> **EXERCISE PROMPT**: Somewhere below is a line with "pub mod Sessions" and, later, a line with "All-among b (c"; repeat those two lines and all the lines between them, exactly as they are.

> **AVAILABLE RECORDS**:

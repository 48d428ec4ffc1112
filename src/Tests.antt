-- ===== src/Tests.antt =====
-- Runs of the models on concrete inputs, for each part of the program.
mod Codec
pub mod Headers
pub mod Sessions
mod Brokers
mod Servers
mod Codes
mod Printing
mod Library
mod Base58s
mod Json
mod Relays
mod Proofs
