-- ===== src/Utils/Base58/Refusals.antt =====
-- What `from_base58` of grinboxlib/src/utils/base58.rs refuses, and where it panics.
use grinbox.Prelude.{
  ℕ, suc, ◌+◌, ◌≤◌, ◌<◌, ◌≡◌, ◌≢◌, ◌⊎◌, inl, inr, refl, sym, ap, ◌∙◌, List, [], ◌∷◌, ◌++◌, arith,
  map, leb→le, Bool, true, false, ◌||◌, ◌==◌, All, Bool-cases, ltb, length, get_or, replicate,
  append-nil,
}
use grinbox.Prelude.Text.{Text}
use grinbox.Types.Errors.{invalid_base58_character, Outcome, err, panicked}
use grinbox.Utils.Base58.{
  alphabet, letter, digits_map, no_digit, count_leading, add_digit, add_digits, bytes_of,
  strip_zeros, from_base58,
}
use grinbox.Utils.Base58.Value.{horner, span, AreBelow, horner-replicate, horner-lt, span_grows}
use grinbox.Utils.Base58.Leading.{
  StartsOff, count_leading-append, AreBelow-replicate, map-letter-StartsOff, all_below,
  all_below_at,
}
use grinbox.Utils.Base58.Decode.{word, add_digits-letters, drop-leading}

-- A byte that is no letter of the alphabet.
abbrev pub IsForeign : ℕ → Type 0
IsForeign b = All (λ c. c ≢ b) alphabet

-- What the code tests: the byte is no ASCII, or the map has no digit for it.
abbrev IsRejected : ℕ → Type 0
IsRejected b = (128 ≤ b) ⊎ (get_or digits_map b 0 ≡ no_digit)

abbrev pub among : ℕ → Text → Bool
among b [] = false
among b (c ∷ cs) = (c == b) || among b cs

pub among-All : (b : ℕ) (cs : Text) → among b cs ≡ false → All (λ c. c ≢ b) cs
among-All b [] h = tt
among-All b (c ∷ cs) h = (ground (arith, h), among-All b cs (ground (arith, h)))

All-among : (b : ℕ) (cs : Text) → All (λ c. c ≢ b) cs → among b cs ≡ false
All-among b [] h = refl
All-among b (c ∷ cs) h = ground (arith, h.0, All-among b cs h.1)

abbrev is_covered : ℕ → Bool
is_covered b = among b alphabet || (get_or digits_map b 0 == no_digit)

covered : all_below 128 is_covered ≡ true
unfolding alphabet digits_map
covered = refl

-- The map of the digits has none but for the letters of the alphabet.
IsForeign-IsRejected : (b : ℕ) → IsForeign b → IsRejected b
IsForeign-IsRejected b f = elim (Bool-cases (ltb b 128)) [
  | inl low ↦
      inr (ground (arith, all_below_at 128 is_covered covered b, low, All-among b alphabet f))
  | inr high ↦ inl (ground (arith, high))
]

add_digits-append :
    (i : ℕ) (s t : Text) (out out' : List ℕ)
    → add_digits i s out ≡ Outcome.ok out'
    → add_digits i (s ++ t) out ≡ add_digits (i + length s) t out'
unfolding add_digits
add_digits-append i [] t out out' h = ground (arith, h)
add_digits-append i (b ∷ s) t out out' h =
    ground (arith, h, add_digits-append (suc i) s t (add_digit (get_or digits_map b 0) out).1 out')

add_digits-IsRejected :
    (i b : ℕ) (s : Text) (out : List ℕ)
    → IsRejected b
    → add_digits i (b ∷ s) out ≡ err (invalid_base58_character b i)
unfolding add_digits
add_digits-IsRejected i b s out h = ground (arith, h)

IsRejected-ne-one : (b : ℕ) → IsRejected b → b ≢ b'1'
unfolding digits_map
IsRejected-ne-one b (inl high) e = absurd (omega (arith, high, e))
IsRejected-ne-one b (inr none_there) e =
    absurd (omega (arith, none_there, ap (λ c. get_or digits_map c 0) e, one))
  where
    one : get_or digits_map b'1' 0 ≡ 0
    one = refl

starts :
    (ds rest : List ℕ) (b : ℕ)
    → AreBelow 58 ds
    → StartsOff 0 ds
    → IsRejected b
    → StartsOff b'1' (map letter ds ++ b ∷ rest)
starts [] rest b h k f = IsRejected-ne-one b f
starts (d ∷ ds) rest b h k f = map-letter-StartsOff (d ∷ ds) h k

-- Behind ones and at most 180 further letters, the first of them not a one, from_base58 refuses a
-- byte that is no letter of the alphabet, with the byte and its position, whatever stands behind
-- it.
pub from_base58-IsForeign :
    (z b : ℕ) (ds : List ℕ) (rest : Text)
    → AreBelow 58 ds
    → StartsOff 0 ds
    → length ds ≤ 180
    → IsForeign b
    → from_base58 (replicate z b'1' ++ (map letter ds ++ b ∷ rest))
      ≡ err (invalid_base58_character b (z + length ds))
unfolding from_base58
from_base58-IsForeign z b ds rest h k l f =
    let rejected : IsRejected b = IsForeign-IsRejected b f in
    let zeros : horner word 0 (replicate 33 0) ≡ 0 = horner-replicate word 33 in
    let fit : horner 58 (horner word 0 (replicate 33 0)) ds < span word 1 33 = omega (
      arith,
      ap (λ x. horner 58 x ds) zeros,
      horner-lt 58 1 0 ds (omega arith) h,
      span_grows 57 (length ds) 180 l,
      room,
    ) in
    let (out, read, _, _, _) =
      add_digits-letters z ds (replicate 33 0) h (AreBelow-replicate word 33 (omega arith)) fit in
    rw (
      count_leading-append b'1' z (map letter ds ++ b ∷ rest) (starts ds rest b h k rejected),
      drop-leading z b'1' (map letter ds ++ b ∷ rest),
      add_digits-append z (map letter ds) (b ∷ rest) (replicate 33 0) out read,
      add_digits-IsRejected (z + length (map letter ds)) b rest out rejected,
      length-map-letter ds,
    )
  where
    room : span 58 1 180 ≤ span word 1 33
    room = leb→le (span 58 1 180) (span word 1 33) refl

    length-map-letter : (xs : List ℕ) → length (map letter xs) ≡ length xs
    length-map-letter [] = refl
    length-map-letter (x ∷ xs) = ap suc (length-map-letter xs)

-- from_base58 panics on a text of more than 132 ones.
pub from_base58_ones : (n : ℕ) → 132 < n → from_base58 (replicate n b'1') ≡ panicked
unfolding from_base58 add_digits bytes_of strip_zeros count_leading
from_base58_ones n h =
    ap from_base58 (sym (append-nil {A = ℕ} (replicate n b'1')))
    ∙ (let e : from_base58 (replicate n b'1' ++ []) ≡ panicked =
          rw (count_leading-append b'1' n [] tt, drop-leading n b'1' [], from_base58)
            (ground (arith, h)) in
        e)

> **ANSWER TO THIS PROBLEM**:
pub mod Sessions
mod Brokers
mod Servers
mod Codes
mod Printing
mod Library
mod Base58s
mod Json
mod Relays
mod Proofs
-- ===== src/Utils/Base58/Refusals.antt =====
-- What `from_base58` of grinboxlib/src/utils/base58.rs refuses, and where it panics.
use grinbox.Prelude.{
  ℕ, suc, ◌+◌, ◌≤◌, ◌<◌, ◌≡◌, ◌≢◌, ◌⊎◌, inl, inr, refl, sym, ap, ◌∙◌, List, [], ◌∷◌, ◌++◌, arith,
  map, leb→le, Bool, true, false, ◌||◌, ◌==◌, All, Bool-cases, ltb, length, get_or, replicate,
  append-nil,
}
use grinbox.Prelude.Text.{Text}
use grinbox.Types.Errors.{invalid_base58_character, Outcome, err, panicked}
use grinbox.Utils.Base58.{
  alphabet, letter, digits_map, no_digit, count_leading, add_digit, add_digits, bytes_of,
  strip_zeros, from_base58,
}
use grinbox.Utils.Base58.Value.{horner, span, AreBelow, horner-replicate, horner-lt, span_grows}
use grinbox.Utils.Base58.Leading.{
  StartsOff, count_leading-append, AreBelow-replicate, map-letter-StartsOff, all_below,
  all_below_at,
}
use grinbox.Utils.Base58.Decode.{word, add_digits-letters, drop-leading}

-- A byte that is no letter of the alphabet.
abbrev pub IsForeign : ℕ → Type 0
IsForeign b = All (λ c. c ≢ b) alphabet

-- What the code tests: the byte is no ASCII, or the map has no digit for it.
abbrev IsRejected : ℕ → Type 0
IsRejected b = (128 ≤ b) ⊎ (get_or digits_map b 0 ≡ no_digit)

abbrev pub among : ℕ → Text → Bool
among b [] = false
among b (c ∷ cs) = (c == b) || among b cs

pub among-All : (b : ℕ) (cs : Text) → among b cs ≡ false → All (λ c. c ≢ b) cs
among-All b [] h = tt
among-All b (c ∷ cs) h = (ground (arith, h), among-All b cs (ground (arith, h)))

All-among : (b : ℕ) (cs : Text) → All (λ c. c ≢ b) cs → among b cs ≡ false
All-among b [] h = refl
All-among b (c ∷ cs) h = ground (arith, h.0, All-among b cs h.1)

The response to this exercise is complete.